1
votes

from a data.frame (or any other R object type), with 3 Columns: "Node, Parent and text", I'd like to plot a tree with rows from "Node" to "Parent" and "text" as label.

Can anyone suggest a good library to use and example code, if possible. I've been looking at the igraph library, but all examples I could find plot trees with sequential numbers or letters as nodes and its not simple to set the tree layout.

Any help would be greatly appreciated

Thanks

EDIT:

Thanks guys for all your help, I really appreciate it. Some extra comments, if you can help further

@md1630, I tried your suggestion but that's not what I'm looking for. The fist code plots the tree with the root on top and the arrows from root to leaf and the second corrects the arrows but inverts the tree. What I'd like is root on top and arrow from leafs to root (I understand that may not be a tree per say - but that's the requirement

enter image description here

@user20650 your solution looks correct but the image starts to get crowded as the number of nodes increase. Any idea on how to add more space between them?enter image description here

@math Am I using the function you provided correctly? I called plot(layout.binary(g)) and got the result on the left. The one on the right is the output of plot(g)
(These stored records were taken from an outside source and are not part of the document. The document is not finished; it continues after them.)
-- ===== src/Delivery/Service/Complete.antt =====
-- A pass that succeeds has delivered every part.
use luna_agent.Prelude.{
  ℕ, suc, ◌+◌, ◌≡◌, sym, ap, ◌∙◌, subst, inl, inr, Bool, true, false, Option, none, some, List, [],
  ◌∷◌, arith, ==_self, String, String_eq, ℕ_eq, length, Option-cases, if_elim, All,
}
use luna_agent.Prelude.Dict
use luna_agent.Delivery.Planner.{DeliveryOperation}
use luna_agent.Delivery.Planner.Numbered.{Numbered}
use luna_agent.Delivery.Parts.{OutboxPartRecord, DeliveryPartResult, Rows, part_status}
use luna_agent.Delivery.Send.{Platform}
use luna_agent.Delivery.Service.{is_delivered, is_given_up, all_succeed, send_part, deliver_parts}
use luna_agent.Delivery.Service.Attempt.{is_there, RowOk, RowsOk, get-send_part, send_part_ok}
use luna_agent.Delivery.Service.Pass.{
  Unchanged, Unchanged-suc, pass, sent_of, sent_of-Unchanged, deliver_parts-turn,
}

abbrev pub delivered_of : Option OutboxPartRecord → Bool
delivered_of none = false
delivered_of (some row) = is_delivered row.status

abbrev pub delivered_at : Rows → ℕ → Bool
delivered_at rows i = delivered_of (Dict.get rows i)

-- Every operation has a result, and all succeeded.
abbrev Succeeds : List DeliveryOperation → List DeliveryPartResult → Type 0
Succeeds ops parts = (length parts ≡ length ops) × (all_succeed parts ≡ true)

abbrev AllDelivered : Rows → List DeliveryOperation → Type 0
AllDelivered rows ops = All (λ op. delivered_at rows op.index ≡ true) ops

abbrev Completes : List DeliveryOperation → Rows × List DeliveryPartResult → Type 0
Completes ops r = Succeeds ops r.1 → AllDelivered r.0 ops

-- Rows where the part of an index was delivered, and the later ones.
complete_cons :
    (n : ℕ) (op : DeliveryOperation) (ops : List DeliveryOperation) (rows : Rows)
    → op.index ≡ n
    → delivered_at rows n ≡ true
    → AllDelivered rows ops
    → AllDelivered rows (op ∷ ops)
complete_cons n op ops rows e here rest =
    (subst (λ k. delivered_at rows k ≡ true) (sym e) here, rest)

module _ (p : Platform) (session_key : String) (max_attempts : ℕ) where
  sent_delivered :
      (rows : Rows) (found : OutboxPartRecord) (n : ℕ)
      → RowOk max_attempts n found
      → Dict.get rows n ≡ some found
      → (sent_of p session_key max_attempts rows found).1.success ≡ true
      → delivered_at (sent_of p session_key max_attempts rows found).0 n ≡ true
  unfolding send_part part_status
  sent_delivered rows found n ok e success = ground (
    arith,
    get-send_part p session_key max_attempts rows found.operation (found.attempts + 1) n,
    ok.0,
    e,
    ==_self n,
  )

  pub complete :
      (n : ℕ) (records rows : Rows) (ops : List DeliveryOperation)
      → Numbered n ops
      → All (λ op. is_there (Dict.get records op.index) ≡ true) ops
      → RowsOk max_attempts records
      → RowsOk max_attempts rows
      → Unchanged n records rows
      → let result = deliver_parts p session_key max_attempts records rows ops in
        Succeeds ops result.1 → AllDelivered result.0 ops
  unfolding deliver_parts
  complete n records rows [] h there ok_records ok same success = tt
  complete n records rows (op ∷ ops) h there ok_records ok same success =
      elim (Option-cases (Dict.get records op.index)) [
        | inl missing ↦ absurd (ground (arith, missing, there.0))
        | inr (found, e) ↦
            let found_ok =
              subst (λ k. RowOk max_attempts k found) h.0 (ok_records op.index found e) in
            let in_rows : Dict.get rows n ≡ some found =
              same n (omega arith) ∙ subst (λ k. Dict.get records k ≡ some found) h.0 e in
            let sent = sent_of p session_key max_attempts rows found in
            let opened =
              deliver_parts-turn p session_key max_attempts records rows op ops found e in
            let later = Unchanged-suc p session_key max_attempts n records rows same in
            let sent_later =
              sent_of-Unchanged p session_key max_attempts n records rows found found_ok same in
            let rest = pass p session_key max_attempts (suc n) records in
            subst (Completes (op ∷ ops)) (sym opened)
              (if_elim (Completes (op ∷ ops)) (is_delivered found.status) _ _
                (λ done success.
                  complete_cons n op ops _ h.0
                    (ap delivered_of
                        ((rest rows ops h.1 there.1 ok_records ok later).before n (omega arith)).0
                      ∙ (ground (arith, in_rows)))
                    (complete (suc n) records rows ops h.1 there.1 ok_records ok later
                      (omega (arith, success.0), success.1)))
                (λ not_done.
                  if_elim (Completes (op ∷ ops)) (is_given_up found.status) _ _
                    (λ given_up success. ground (arith, success.1))
                    (λ unsettled.
                      let sent_ok =
                        send_part_ok p session_key max_attempts rows found.operation
                          (found.attempts + 1) found
                          (subst (λ k. Dict.get rows k ≡ some found) (sym found_ok.0) in_rows)
                          (ground arith) ok in
                      if_elim (Completes (op ∷ ops)) sent.1.success _ _
                        (λ went success.
                          complete_cons n op ops _ h.0
                            (ap delivered_of
                                ((rest sent.0 ops h.1 there.1 ok_records sent_ok sent_later).before
                                  n (omega arith)).0
                              ∙ sent_delivered rows found n found_ok in_rows went)
                            (complete (suc n) records sent.0 ops h.1 there.1 ok_records sent_ok
                              sent_later (omega (arith, success.0), ground (arith, success.1))))
                        (λ failure success. ground (arith, success.1)))))
              success
      ]
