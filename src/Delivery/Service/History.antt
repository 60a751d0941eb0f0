-- ===== src/Delivery/Service/History.antt =====
-- Any history of the parts of a delivery: passes, passes that stopped on the way, and restarts.
use luna_agent.Prelude.{
  ℕ, Option, none, some, List, [], ◌∷◌, ◌++◌, String, String_eq, ℕ_eq, if◌then◌else◌, take,
}
use luna_agent.Prelude.Dict
use luna_agent.Prelude.Dict.{get-map_values}
use luna_agent.Conversation.Message.{OutboundMessage}
use luna_agent.Delivery.Planner.{PlatformCapabilities, plan}
use luna_agent.Delivery.Parts.{
  OutboxPartRecord, DeliveryPartResult, Rows, ensure_parts, start_part, recover,
}
use luna_agent.Delivery.Send.{Platform}
use luna_agent.Delivery.Service.{
  Route, PreDeliveryOutcome, DeliveryRequest, deliver_parts, deliver_once,
}
use luna_agent.Delivery.Service.Attempt.{is_settled}

pub data Step (M : Type 0) : Type 0 where
  delivers : Route → Option PreDeliveryOutcome → DeliveryRequest M → Step M
  -- The first operations of a pass.
  stops : Platform → DeliveryRequest M → OutboundMessage M → PlatformCapabilities → ℕ → Step M
  -- A part that was about to be sent, and nothing recorded of it.
  starts : ℕ → Step M
  restarts : Step M

-- A part that is not settled is begun.
abbrev pub begun : Rows → ℕ → Option OutboxPartRecord → Rows
begun rows i none = rows
begun rows i (some row) = if is_settled row.status then rows else start_part rows i

module _ {M : Type 0} (no_metadata : M) (lower : String → String) (max_attempts : ℕ) where
  -- The rows, and the results of the parts that were tried.
  unfoldable pub step : Rows → Step M → Rows × List DeliveryPartResult
  step rows (delivers route hook request) =
      let once = deliver_once no_metadata lower max_attempts rows route hook request in
      (once.0, once.1.parts)
  step rows (stops p request message caps n) =
      let operations = (plan lower message caps).operations in
      let records = ensure_parts rows operations in
      deliver_parts p request.session_key max_attempts records records (take n operations)
  step rows (starts i) = (begun rows i (Dict.get rows i), [])
  step rows restarts = (recover rows, [])

  unfoldable pub run : Rows → List (Step M) → Rows × List DeliveryPartResult
  run rows [] = (rows, [])
  run rows (s ∷ ss) =
      let first = step rows s in let rest = run first.0 ss in (rest.0, first.1 ++ rest.1)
enter image description here

3
You can use igraph. Use graph.data.frame to create the graph, set edge labels in the plot call with edge.label=E(g)$text and get a tree layout with layout.reingold.tilforduser20650

3 Answers

3
votes

upgrade comment

library(igraph)

# some example data
dat <- data.frame(parent=rep(letters[1:3], each=2), 
                  node=letters[2:7], 
                  text=paste0("lab", 1:6))
# create graph
g <- graph.data.frame(dat)

# plot
# layout.reingold.tilford gives a tree structure
# edge and vertx labels can be defined in the plot command or alternatively
# you can add them to the graph via V(g)$name and E(g($label assignments

plot(g, layout = layout.reingold.tilford, 
             edge.label=E(g)$text, vertex.label=paste0("v_lab",1:7))

EDIT re comment

If you want the direction to go from the leaves towards the root; you can first, get the tree layout coordinates from the more standard tree structure, and then reverse the edges.

# get tree layout coords
g <- graph.data.frame(dat)
lay = layout.reingold.tilford(g)

# redraw graph with edges reversed
g2 <- graph.data.frame(dat[2:1], vertices = get.data.frame(g, what="vertices"))

par(mar=rep(0,4), mfrow=c(1,2))
plot(g, layout=lay)
plot(g2, layout=lay)

enter image description here

2
votes

You can use rgraphviz. Here's the code to plot the tree from a dataframe df with columns "Node, Parent and text". I didn't run this on my computer so there may be bugs. But roughly this is the idea:

source("http://bioconductor.org/biocLite.R")
biocLite("Rgraphviz")
library("Rgraphviz")
#first set up the graph with just the nodes
nodes<- unique(df['Node'])
gR <- new("graphNEL", nodes = nodes, edgemode = "directed")
#add edges for each row in df
    for (j in (1:nrow(df))) {
       gR <- addEdge(df[j,2], df[j,1], gR, 1)
    }
#add text labels
nAttrs <- list()
z <- df['text']
nAttrs$label <- z
#plot
plot(gR, nodeAttrs = nAttrs) #you can specify more attributes here 
0
votes

You can use igraph to get a network with your data (supposing your dataframe is dd):

g = graph(t(dd[,2:1]))
V(g)$label = as.character(dd$text)
plot(g, layout=layout.binary)

I supposed your root (with no parents) is not in the dataframe, otherwise use dd[-1,2:1] instead.

If you want to have a tree, you can easily produce a layout, it is simply a function that takes a graph and return a matrix. For a binary tree :

layout.binary = function(graph) {
    layout = c()
    r_vertex = length(V(graph))
    depth = ceiling(log2(r_vertex+1))
    for (ii in 0:(depth-1)) {
        for (jj in 1:min(2^ii, r_vertex)) {
            layout = rbind(layout, c(ii, (2*(jj-1)+1)/(2^(ii+1))))
        }
        r_vertex = r_vertex - 2^ii
    }
    return(layout)
}

It will plot an horizontal tree, use c((2*(jj-1)+1)/(2^(ii+1)), ii) if you want it to be vertical.